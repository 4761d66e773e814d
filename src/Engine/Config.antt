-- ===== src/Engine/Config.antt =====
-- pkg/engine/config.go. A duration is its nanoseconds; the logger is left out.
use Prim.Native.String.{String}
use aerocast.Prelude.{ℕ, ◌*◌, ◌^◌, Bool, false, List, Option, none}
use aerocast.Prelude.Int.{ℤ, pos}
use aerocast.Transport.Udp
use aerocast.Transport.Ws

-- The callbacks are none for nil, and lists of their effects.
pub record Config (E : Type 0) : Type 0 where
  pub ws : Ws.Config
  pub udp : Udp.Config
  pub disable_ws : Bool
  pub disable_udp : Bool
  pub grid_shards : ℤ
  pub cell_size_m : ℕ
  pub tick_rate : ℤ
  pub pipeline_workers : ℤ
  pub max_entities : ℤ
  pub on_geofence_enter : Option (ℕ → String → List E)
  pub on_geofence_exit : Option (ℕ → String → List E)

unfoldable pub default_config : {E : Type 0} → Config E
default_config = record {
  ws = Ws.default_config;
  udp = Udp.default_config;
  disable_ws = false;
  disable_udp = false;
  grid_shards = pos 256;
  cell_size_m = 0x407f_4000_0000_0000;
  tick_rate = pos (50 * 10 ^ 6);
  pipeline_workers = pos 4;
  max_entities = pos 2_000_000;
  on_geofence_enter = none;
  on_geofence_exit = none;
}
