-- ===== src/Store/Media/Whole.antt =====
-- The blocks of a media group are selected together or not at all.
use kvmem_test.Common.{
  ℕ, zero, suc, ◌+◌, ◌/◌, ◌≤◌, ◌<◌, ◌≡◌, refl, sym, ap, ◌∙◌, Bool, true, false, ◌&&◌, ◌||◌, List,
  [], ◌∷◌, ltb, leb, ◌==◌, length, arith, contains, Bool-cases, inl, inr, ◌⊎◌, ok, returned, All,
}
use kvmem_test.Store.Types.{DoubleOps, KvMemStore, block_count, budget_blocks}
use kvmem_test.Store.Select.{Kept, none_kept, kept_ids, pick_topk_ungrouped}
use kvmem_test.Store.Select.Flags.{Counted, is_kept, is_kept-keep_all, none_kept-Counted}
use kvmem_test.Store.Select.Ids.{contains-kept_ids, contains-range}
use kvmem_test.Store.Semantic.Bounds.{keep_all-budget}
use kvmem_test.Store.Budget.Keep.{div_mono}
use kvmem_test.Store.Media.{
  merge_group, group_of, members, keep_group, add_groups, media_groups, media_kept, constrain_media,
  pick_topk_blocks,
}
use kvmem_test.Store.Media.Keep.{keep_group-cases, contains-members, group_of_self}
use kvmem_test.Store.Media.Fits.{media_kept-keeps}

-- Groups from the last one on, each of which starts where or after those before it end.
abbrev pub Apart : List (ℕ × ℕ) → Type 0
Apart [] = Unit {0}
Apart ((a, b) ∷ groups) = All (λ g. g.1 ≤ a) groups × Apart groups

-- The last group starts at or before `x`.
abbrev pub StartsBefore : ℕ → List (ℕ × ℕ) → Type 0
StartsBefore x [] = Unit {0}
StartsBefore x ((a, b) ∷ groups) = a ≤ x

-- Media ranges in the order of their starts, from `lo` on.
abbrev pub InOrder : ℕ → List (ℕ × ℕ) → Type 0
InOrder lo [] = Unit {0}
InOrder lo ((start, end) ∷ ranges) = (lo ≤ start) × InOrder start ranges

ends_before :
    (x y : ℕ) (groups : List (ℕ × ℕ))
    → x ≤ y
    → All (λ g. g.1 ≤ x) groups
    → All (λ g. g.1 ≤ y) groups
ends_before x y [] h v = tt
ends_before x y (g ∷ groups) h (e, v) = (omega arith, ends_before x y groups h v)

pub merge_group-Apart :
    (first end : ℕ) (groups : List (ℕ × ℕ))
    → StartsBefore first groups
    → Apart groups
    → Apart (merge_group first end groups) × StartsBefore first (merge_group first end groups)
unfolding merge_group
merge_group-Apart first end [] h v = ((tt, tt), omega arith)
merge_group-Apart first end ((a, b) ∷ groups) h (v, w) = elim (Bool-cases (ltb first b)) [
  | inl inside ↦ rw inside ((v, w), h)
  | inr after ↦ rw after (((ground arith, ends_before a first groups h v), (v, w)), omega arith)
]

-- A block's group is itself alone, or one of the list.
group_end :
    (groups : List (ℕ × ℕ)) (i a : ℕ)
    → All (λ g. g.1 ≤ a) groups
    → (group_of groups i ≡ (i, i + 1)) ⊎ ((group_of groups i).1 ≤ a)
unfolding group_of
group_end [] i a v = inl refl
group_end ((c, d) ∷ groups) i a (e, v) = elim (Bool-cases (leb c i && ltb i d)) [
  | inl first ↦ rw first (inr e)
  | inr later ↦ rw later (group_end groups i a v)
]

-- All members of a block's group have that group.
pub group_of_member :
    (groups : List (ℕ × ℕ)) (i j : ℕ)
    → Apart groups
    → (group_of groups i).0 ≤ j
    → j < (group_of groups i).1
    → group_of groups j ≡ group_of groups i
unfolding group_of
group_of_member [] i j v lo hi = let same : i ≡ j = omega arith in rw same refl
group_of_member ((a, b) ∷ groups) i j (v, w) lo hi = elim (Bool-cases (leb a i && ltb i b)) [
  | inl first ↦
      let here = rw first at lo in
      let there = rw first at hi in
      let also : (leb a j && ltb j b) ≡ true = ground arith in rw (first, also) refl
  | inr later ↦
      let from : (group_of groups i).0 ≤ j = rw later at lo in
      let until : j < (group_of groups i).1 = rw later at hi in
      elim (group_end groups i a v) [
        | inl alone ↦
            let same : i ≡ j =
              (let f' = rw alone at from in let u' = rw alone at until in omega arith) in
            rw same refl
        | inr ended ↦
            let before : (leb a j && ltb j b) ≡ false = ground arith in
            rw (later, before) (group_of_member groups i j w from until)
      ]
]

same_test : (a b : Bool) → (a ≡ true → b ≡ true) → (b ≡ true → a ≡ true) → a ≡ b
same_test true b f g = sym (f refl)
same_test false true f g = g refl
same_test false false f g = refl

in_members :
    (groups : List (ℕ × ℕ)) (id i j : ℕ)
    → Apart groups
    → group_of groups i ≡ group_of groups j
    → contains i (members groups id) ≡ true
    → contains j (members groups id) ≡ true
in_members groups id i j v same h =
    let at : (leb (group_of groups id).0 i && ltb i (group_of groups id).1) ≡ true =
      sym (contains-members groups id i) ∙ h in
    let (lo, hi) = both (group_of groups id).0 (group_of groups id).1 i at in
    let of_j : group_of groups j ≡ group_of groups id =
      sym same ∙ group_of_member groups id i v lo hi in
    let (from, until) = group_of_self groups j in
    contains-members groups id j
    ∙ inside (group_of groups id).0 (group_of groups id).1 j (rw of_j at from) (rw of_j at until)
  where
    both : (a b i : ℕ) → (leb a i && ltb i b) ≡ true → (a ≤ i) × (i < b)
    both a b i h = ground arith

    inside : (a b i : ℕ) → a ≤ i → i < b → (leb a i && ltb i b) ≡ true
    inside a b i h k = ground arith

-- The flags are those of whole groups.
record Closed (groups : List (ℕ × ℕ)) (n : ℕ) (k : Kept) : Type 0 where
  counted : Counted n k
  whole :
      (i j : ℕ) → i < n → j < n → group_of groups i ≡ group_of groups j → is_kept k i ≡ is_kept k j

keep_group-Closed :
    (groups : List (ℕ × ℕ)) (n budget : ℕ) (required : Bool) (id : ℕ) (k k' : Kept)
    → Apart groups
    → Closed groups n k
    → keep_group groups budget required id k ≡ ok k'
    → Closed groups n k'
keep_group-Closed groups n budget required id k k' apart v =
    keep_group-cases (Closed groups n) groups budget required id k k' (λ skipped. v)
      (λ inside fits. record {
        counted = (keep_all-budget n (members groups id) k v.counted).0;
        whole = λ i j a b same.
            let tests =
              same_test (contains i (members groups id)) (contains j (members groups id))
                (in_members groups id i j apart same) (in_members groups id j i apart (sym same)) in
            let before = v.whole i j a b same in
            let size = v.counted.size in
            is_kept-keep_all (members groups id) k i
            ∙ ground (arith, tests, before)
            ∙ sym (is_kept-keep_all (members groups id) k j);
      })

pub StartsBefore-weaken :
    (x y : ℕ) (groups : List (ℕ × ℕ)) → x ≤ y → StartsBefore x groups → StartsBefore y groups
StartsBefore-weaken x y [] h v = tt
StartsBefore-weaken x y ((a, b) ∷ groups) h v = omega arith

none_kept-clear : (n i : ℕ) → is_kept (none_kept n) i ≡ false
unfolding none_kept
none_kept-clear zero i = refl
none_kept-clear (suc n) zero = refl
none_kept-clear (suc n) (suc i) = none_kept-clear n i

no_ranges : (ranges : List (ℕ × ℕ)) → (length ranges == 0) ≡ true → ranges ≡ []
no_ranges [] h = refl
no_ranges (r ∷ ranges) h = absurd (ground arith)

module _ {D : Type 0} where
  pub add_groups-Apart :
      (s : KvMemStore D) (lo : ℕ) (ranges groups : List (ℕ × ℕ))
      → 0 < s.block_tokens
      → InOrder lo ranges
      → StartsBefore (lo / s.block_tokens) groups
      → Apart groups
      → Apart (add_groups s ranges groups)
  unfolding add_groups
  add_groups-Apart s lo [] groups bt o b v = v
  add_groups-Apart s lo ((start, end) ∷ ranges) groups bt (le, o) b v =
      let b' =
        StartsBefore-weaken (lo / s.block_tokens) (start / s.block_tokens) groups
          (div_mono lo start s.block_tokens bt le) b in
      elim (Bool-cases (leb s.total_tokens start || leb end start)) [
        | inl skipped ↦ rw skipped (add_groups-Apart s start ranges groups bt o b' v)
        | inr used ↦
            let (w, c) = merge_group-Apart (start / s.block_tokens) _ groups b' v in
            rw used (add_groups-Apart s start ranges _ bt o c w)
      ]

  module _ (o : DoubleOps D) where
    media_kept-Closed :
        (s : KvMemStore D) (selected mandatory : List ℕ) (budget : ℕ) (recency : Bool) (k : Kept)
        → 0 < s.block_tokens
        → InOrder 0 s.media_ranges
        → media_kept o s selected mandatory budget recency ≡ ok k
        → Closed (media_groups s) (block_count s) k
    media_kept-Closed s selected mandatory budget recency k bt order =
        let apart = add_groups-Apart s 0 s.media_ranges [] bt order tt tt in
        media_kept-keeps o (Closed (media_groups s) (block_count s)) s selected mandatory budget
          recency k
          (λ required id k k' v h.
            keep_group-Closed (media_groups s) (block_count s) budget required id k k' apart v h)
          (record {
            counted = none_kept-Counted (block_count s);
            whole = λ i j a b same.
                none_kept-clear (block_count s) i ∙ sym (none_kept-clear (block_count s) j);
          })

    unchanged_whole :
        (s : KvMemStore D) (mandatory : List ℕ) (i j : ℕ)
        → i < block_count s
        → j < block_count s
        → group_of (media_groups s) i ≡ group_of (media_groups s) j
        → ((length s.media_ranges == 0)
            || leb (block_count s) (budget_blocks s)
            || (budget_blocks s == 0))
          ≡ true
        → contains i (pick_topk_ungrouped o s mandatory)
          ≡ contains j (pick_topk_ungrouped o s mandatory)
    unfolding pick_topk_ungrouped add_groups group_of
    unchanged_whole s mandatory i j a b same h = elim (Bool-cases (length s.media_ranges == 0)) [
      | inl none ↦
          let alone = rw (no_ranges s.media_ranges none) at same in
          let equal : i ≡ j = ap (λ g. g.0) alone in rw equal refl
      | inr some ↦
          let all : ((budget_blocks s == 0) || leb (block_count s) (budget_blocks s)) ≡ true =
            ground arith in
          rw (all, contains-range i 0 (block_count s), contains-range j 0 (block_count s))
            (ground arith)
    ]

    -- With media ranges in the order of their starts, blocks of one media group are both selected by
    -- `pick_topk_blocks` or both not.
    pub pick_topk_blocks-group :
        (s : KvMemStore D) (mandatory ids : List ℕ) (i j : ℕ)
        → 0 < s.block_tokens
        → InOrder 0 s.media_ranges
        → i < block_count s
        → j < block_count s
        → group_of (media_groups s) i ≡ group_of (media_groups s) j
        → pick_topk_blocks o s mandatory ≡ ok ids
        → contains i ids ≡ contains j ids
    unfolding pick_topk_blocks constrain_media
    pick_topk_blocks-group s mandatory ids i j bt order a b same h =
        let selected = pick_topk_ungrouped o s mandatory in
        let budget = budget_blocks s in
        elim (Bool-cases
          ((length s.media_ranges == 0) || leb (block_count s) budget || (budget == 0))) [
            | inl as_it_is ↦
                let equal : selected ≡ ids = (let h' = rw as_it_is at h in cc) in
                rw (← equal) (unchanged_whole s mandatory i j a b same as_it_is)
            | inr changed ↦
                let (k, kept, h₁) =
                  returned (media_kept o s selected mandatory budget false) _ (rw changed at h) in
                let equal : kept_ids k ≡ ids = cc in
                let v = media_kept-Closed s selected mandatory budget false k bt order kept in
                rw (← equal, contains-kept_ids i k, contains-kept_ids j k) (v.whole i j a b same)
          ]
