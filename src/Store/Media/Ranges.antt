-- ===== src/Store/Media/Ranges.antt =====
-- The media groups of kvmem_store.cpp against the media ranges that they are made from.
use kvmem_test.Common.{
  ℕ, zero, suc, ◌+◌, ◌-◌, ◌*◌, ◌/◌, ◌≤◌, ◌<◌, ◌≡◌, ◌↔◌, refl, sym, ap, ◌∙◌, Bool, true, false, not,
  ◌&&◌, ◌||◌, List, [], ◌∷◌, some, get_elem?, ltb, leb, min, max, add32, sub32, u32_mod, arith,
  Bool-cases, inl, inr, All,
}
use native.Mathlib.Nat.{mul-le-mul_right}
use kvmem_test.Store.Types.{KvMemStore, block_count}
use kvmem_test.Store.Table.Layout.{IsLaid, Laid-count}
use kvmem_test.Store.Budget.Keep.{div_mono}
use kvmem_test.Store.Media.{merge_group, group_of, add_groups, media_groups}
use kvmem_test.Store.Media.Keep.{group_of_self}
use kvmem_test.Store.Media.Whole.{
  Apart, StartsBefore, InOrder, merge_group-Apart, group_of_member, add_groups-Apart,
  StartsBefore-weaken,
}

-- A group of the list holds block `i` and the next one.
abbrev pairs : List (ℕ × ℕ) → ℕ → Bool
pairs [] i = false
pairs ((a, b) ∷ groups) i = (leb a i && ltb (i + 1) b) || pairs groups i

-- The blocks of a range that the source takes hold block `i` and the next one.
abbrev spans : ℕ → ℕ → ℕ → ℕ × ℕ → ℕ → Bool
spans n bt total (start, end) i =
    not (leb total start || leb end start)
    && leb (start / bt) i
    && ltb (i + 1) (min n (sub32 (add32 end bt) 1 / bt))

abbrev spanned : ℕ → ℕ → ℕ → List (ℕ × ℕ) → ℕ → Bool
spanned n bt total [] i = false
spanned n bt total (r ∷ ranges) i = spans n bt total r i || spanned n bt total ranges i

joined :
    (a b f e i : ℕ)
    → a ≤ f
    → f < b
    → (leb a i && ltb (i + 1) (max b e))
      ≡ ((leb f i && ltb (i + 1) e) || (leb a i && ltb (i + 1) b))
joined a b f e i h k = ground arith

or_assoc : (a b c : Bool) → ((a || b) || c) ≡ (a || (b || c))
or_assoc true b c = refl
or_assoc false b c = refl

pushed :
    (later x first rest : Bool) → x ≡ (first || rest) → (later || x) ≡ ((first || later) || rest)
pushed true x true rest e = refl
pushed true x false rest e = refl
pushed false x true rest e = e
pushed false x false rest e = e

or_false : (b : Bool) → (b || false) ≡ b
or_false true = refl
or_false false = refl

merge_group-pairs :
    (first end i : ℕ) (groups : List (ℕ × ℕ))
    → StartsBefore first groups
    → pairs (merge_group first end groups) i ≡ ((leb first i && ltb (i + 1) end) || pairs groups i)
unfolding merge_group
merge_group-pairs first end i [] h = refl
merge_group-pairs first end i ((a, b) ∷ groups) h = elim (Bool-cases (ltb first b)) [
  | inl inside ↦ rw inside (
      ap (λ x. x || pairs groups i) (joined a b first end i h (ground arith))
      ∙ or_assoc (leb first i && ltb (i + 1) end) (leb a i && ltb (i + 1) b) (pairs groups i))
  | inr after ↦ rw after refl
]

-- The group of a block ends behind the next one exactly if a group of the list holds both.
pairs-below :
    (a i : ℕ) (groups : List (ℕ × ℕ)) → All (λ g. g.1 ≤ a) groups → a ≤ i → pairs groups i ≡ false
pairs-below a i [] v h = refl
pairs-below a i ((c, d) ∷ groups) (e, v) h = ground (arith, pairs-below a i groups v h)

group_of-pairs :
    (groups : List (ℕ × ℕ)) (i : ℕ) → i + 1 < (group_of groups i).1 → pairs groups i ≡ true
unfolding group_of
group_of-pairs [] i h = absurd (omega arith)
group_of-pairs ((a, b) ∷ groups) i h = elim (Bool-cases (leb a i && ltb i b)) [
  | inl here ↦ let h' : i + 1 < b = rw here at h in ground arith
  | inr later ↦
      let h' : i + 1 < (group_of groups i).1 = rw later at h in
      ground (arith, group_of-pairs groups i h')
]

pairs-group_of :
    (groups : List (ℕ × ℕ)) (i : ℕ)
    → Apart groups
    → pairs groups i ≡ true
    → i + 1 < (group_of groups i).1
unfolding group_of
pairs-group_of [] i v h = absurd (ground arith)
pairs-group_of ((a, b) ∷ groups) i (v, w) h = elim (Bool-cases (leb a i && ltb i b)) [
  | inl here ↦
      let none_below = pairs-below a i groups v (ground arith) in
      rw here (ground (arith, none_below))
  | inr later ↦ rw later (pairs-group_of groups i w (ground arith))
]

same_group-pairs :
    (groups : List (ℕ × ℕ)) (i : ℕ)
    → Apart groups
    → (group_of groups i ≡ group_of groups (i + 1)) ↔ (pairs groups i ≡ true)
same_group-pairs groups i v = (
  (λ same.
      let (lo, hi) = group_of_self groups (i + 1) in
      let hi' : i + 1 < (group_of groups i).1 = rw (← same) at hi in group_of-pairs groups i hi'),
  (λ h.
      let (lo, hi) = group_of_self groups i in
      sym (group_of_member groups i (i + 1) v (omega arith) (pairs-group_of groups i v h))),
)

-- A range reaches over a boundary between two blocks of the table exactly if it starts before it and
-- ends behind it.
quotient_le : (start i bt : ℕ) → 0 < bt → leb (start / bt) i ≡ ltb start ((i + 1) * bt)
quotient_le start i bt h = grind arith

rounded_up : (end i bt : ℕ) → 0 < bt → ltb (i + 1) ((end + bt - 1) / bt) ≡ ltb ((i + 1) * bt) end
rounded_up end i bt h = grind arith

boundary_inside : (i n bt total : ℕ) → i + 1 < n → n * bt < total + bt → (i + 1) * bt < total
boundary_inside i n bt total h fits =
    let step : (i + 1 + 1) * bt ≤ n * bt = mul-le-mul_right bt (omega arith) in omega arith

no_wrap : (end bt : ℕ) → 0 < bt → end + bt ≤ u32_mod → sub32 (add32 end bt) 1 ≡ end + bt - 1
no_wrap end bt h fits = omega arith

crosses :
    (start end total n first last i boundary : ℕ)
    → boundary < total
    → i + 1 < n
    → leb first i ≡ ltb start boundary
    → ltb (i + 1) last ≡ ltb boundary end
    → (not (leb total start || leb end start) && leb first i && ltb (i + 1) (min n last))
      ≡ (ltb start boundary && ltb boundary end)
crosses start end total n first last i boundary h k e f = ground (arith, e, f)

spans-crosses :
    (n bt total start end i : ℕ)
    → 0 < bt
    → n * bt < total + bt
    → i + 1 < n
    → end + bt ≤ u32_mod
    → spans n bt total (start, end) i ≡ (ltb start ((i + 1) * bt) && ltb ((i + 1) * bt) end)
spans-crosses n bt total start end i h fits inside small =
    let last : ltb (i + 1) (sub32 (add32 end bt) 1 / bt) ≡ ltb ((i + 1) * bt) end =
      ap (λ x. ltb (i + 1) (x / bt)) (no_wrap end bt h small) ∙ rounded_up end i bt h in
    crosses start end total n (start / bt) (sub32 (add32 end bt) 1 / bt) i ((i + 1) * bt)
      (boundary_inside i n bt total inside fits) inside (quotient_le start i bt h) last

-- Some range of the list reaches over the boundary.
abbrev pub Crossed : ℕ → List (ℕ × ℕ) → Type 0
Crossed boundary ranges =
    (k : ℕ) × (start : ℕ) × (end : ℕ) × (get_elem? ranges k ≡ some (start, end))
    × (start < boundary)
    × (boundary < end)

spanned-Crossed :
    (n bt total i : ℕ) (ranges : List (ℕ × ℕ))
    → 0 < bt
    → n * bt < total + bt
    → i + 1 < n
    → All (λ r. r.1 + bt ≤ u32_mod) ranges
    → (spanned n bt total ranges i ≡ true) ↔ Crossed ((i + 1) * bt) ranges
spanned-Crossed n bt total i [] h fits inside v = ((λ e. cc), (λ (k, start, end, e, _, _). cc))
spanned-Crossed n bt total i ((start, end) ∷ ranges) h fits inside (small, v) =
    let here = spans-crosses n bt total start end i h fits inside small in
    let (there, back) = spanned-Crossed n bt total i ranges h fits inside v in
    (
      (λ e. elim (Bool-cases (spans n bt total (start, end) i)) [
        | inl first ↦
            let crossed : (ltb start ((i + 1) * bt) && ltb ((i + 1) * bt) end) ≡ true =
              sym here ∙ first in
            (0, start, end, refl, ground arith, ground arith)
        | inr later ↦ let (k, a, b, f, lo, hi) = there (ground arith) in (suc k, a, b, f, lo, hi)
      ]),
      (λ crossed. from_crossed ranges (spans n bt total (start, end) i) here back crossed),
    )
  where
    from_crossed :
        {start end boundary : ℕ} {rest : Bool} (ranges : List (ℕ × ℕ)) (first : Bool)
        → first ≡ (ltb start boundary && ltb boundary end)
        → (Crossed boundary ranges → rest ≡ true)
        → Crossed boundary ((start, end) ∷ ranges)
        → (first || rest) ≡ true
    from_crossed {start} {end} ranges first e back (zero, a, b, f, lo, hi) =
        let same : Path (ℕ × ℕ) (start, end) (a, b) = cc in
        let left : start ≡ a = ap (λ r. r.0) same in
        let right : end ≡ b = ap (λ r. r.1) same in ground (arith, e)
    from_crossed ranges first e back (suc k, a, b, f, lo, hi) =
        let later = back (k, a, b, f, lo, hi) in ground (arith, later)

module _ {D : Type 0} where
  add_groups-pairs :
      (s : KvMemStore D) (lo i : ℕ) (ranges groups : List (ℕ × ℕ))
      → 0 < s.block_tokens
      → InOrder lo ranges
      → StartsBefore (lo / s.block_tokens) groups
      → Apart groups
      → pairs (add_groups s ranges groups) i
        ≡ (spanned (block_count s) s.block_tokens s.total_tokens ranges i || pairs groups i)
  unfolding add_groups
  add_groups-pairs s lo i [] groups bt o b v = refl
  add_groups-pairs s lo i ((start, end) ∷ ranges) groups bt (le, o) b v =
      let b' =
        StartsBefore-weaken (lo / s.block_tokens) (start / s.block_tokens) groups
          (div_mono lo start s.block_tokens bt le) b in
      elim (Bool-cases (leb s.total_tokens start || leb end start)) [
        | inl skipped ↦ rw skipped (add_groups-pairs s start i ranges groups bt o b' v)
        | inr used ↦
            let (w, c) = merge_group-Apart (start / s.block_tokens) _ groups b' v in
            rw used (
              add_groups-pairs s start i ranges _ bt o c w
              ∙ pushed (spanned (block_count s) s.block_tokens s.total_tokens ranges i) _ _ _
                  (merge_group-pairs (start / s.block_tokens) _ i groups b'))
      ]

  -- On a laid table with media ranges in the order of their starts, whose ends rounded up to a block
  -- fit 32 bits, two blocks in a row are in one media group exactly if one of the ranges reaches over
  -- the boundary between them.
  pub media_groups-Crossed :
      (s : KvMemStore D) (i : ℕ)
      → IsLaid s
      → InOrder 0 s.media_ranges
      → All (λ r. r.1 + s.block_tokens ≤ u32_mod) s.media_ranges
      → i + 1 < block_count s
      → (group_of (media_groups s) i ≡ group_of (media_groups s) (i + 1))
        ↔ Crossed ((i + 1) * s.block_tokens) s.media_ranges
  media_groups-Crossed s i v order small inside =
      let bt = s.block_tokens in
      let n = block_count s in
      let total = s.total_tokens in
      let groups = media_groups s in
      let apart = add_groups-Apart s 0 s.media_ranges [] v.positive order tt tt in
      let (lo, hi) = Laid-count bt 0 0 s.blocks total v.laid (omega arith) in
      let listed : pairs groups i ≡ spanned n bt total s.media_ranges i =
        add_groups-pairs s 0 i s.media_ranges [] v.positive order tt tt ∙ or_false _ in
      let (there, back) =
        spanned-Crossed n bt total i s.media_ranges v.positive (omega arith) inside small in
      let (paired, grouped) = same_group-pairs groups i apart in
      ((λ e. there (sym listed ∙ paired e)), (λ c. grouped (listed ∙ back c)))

■ **What you will do**: Above are the records; copy exactly the lines from the line with "(start, end) i ≡" through the line with "-- Some range", both included.

■ **Expected output**:
    → spans n bt total (start, end) i ≡ (ltb start ((i + 1) * bt) && ltb ((i + 1) * bt) end)
spans-crosses n bt total start end i h fits inside small =
    let last : ltb (i + 1) (sub32 (add32 end bt) 1 / bt) ≡ ltb ((i + 1) * bt) end =
      ap (λ x. ltb (i + 1) (x / bt)) (no_wrap end bt h small) ∙ rounded_up end i bt h in
    crosses start end total n (start / bt) (sub32 (add32 end bt) 1 / bt) i ((i + 1) * bt)
      (boundary_inside i n bt total inside fits) inside (quotient_le start i bt h) last

-- Some range of the list reaches over the boundary.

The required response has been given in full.